A similar failure of media responsibility occurrs with claims about “fetal pain,” a claim made by anti-choicers for which there is no evidence.  Recently, the Washington Post’s “On Faith” section gave a platform to each of two anti-choice advocates who spread misinformation on fetal pain (among a range of other things), Charles Camosy and Jill Stanek.  These are people whose agenda it is to deprive women of their agency in making choices for themselves about when, whether, and with whom to bear a child, and use wild and unsubstantiated claims in doing so, yet get space in “venerated” papers such as the Post. It does not suffice to say, “well, the Post also published Brenda Major’s article,” because again that is drawing equivalency between people who use lies to push for policies that accord with their own ideological agenda, and those who seek to inform public policy based on the best available evidence.  What standard is the Post accountable for when publishing people who are using religion and ideology as a means of depriving women (gay people, teens, prisoners, others) of their rights using unsupported claims?  Is it enough to articulate a “religious view” as a marker of legitimacy?  If the Catholic Church tomorrow decided it once again supported the view that the earth is flat, would the Post give the United States Conference of Catholic Bishops a page to argue that, and leave it unanswered?

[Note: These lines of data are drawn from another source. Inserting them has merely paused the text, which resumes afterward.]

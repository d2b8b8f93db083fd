-- ===== src/Storage/JournalRepo/Lines.antt =====
-- The stored amounts of journal lines.
use trutina.Base.{
  ℕ, ◌≡◌, refl, ◌∙◌, inl, inr, Bool, Option, none, some, List, [], ◌∷◌, ◌+◌, arith, ℤ, All,
  All-append, select, insert_by, sort_by, Text, Bool-cases,
}
use trutina.Platform.{Platform}
use trutina.Core.Journal.{JournalLine, JournalEntry}
use trutina.Store.{EntryRow, LineRow, World, Outcome, committed, violated, refused}
use trutina.Storage.JournalRepo.{
  insert_entry, insert_line, insert_lines, save_entry, next, with_amounts,
}

module _ {ℓ} {A : Type 0} (P : A → Type ℓ) where
  pub All-select : (q : A → Bool) (xs : List A) → All P xs → All P (select q xs)
  All-select q [] h = tt
  All-select q (x ∷ xs) h = elim (Bool-cases (q x)) [
    | inl kept ↦ rw kept (h.0, All-select q xs h.1)
    | inr dropped ↦ rw dropped (All-select q xs h.1)
  ]

  All-insert_by :
      (before : A → A → Bool) (x : A) (xs : List A) → P x → All P xs → All P (insert_by before x xs)
  unfolding insert_by
  All-insert_by before x [] p h = (p, tt)
  All-insert_by before x (y ∷ ys) p h = elim (Bool-cases (before x y)) [
    | inl first ↦ rw first (p, h)
    | inr later ↦ rw later (h.0, All-insert_by before x ys p h.1)
  ]

  pub All-sort_by : (before : A → A → Bool) (xs : List A) → All P xs → All P (sort_by before xs)
  unfolding sort_by
  All-sort_by before [] h = tt
  All-sort_by before (x ∷ xs) h =
      All-insert_by before x (sort_by before xs) h.0 (All-sort_by before xs h.1)

module _ ⦃u : Platform⦄ where
  -- An amount that the column type stores as it is.
  abbrev pub IsStored : ℤ → Type 0
  IsStored amount = u.to_numeric amount ≡ some amount

  abbrev pub IsStoredRow : LineRow → Type 0
  IsStoredRow row = IsStored row.debit_amount × IsStored row.credit_amount

  abbrev pub IsStoredLine : JournalLine → Type 0
  IsStoredLine line = IsStored line.debit_amount × IsStored line.credit_amount

  -- All lines of the table hold stored amounts.
  abbrev pub HasStoredLines : World → Type 0
  HasStoredLines w = All IsStoredRow w.journal_lines

  -- A state differs from another in the journal tables only.
  abbrev pub LeavesPostings : World → World → Type 0
  LeavesPostings w w' = (w'.postings ≡ w.postings) × (w'.now ≡ w.now)

  -- What a transaction on the journal does to the rest, if it commits.
  abbrev pub KeepsLines : {A : Type 0} → World → Outcome A → Type 0
  KeepsLines w (committed a w') = HasStoredLines w' × LeavesPostings w w'
  KeepsLines w (violated c) = Unit
  KeepsLines w refused = Unit

  insert_line-KeepsLines :
      (row : LineRow) (w : World)
      → IsStoredRow row
      → HasStoredLines w
      → KeepsLines w (insert_line row w)
  unfolding insert_line
  insert_line-KeepsLines row w s h =
      ground (arith, All-append IsStoredRow w.journal_lines (row ∷ []) h (s, tt))

  KeepsLines-trans :
      {A : Type 0} (w w' : World) (o : Outcome A)
      → LeavesPostings w w'
      → KeepsLines w' o
      → KeepsLines w o
  KeepsLines-trans w w' (committed a v) l k = (k.0, (k.1.0 ∙ l.0, k.1.1 ∙ l.1))
  KeepsLines-trans w w' (violated c) l k = tt
  KeepsLines-trans w w' refused l k = tt

  next-KeepsLines :
      {A B : Type 0} (w : World) (o : Outcome A) (k : World → Outcome B)
      → KeepsLines w o
      → ((w' : World) → HasStoredLines w' → KeepsLines w' (k w'))
      → KeepsLines w (next o k)
  next-KeepsLines w (committed a w') k h f = KeepsLines-trans w w' (k w') h.1 (f w' h.0)
  next-KeepsLines w (violated c) k h f = tt
  next-KeepsLines w refused k h f = tt

  insert_lines-KeepsLines :
      (number index : ℕ) (lines : List JournalLine) (w : World)
      → HasStoredLines w
      → KeepsLines w (insert_lines number index lines w)
  unfolding insert_lines
  insert_lines-KeepsLines number index [] w h = (h, (refl, refl))
  insert_lines-KeepsLines number index (line ∷ lines) w h =
      next-KeepsLines w _ _
        (go (u.to_numeric line.debit_amount) (u.to_numeric line.credit_amount) refl refl)
        (λ w'. insert_lines-KeepsLines number (index + 1) lines w')
    where
      go :
          (d c : Option ℤ)
          → u.to_numeric line.debit_amount ≡ d
          → u.to_numeric line.credit_amount ≡ c
          → KeepsLines w (
              with_amounts d c (λ debit credit.
                insert_line
                  (record {
                    journal_number = number;
                    line_index = index;
                    account = line.account;
                    debit_amount = debit;
                    credit_amount = credit;
                  })
                  w))
      go (some d) (some c) e k =
          insert_line-KeepsLines _ w
            (u.to_numeric_again line.debit_amount d e, u.to_numeric_again line.credit_amount c k) h
      go (some d) none e k = tt
      go none c e k = tt

  insert_entry-KeepsLines :
      (row : EntryRow) (w : World) → HasStoredLines w → KeepsLines w (insert_entry row w)
  unfolding insert_entry
  insert_entry-KeepsLines row w h = ground arith

  -- If all journal lines hold amounts of the column type, they do after the transaction of save
  -- commits, whatever the entry, and the postings and the clock are unchanged.
  pub save_entry-KeepsLines :
      (entry : JournalEntry) (created_by : Text) (w : World)
      → HasStoredLines w
      → KeepsLines w (save_entry entry created_by w)
  unfolding save_entry
  save_entry-KeepsLines entry created_by w h =
      next-KeepsLines w _ _ (insert_entry-KeepsLines _ w h)
        (λ w'. insert_lines-KeepsLines entry.journal_number 0 entry.lines w')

False claims and lies used to advance political and ideological agendas are a central component of the anti-choice uber-strategy, but these same efforts to distract, deflect, and misinform are becoming an increasingly prevalent and uncontested characteristic of our social discourse more broadly–on gay rights, immigrants rights, climate change and inequality, among other areas of concern. In the abortion debate as in the political debate writ large, campaigns gear up to “inform” through misinformation leading to “misinformed choices” that comport with the agendas of those in power or who wish to be in power.  As our “mendocracy” has become more and more entrenched, Pearlstein states at Daily Beast: “Governing has become impossible.”  These trends endanger and diminish all of us and undermine the very fabric of a society seeking to survive and prosper.  It is up to each of us to protest the “age of misinformation” and stop it in its tracks.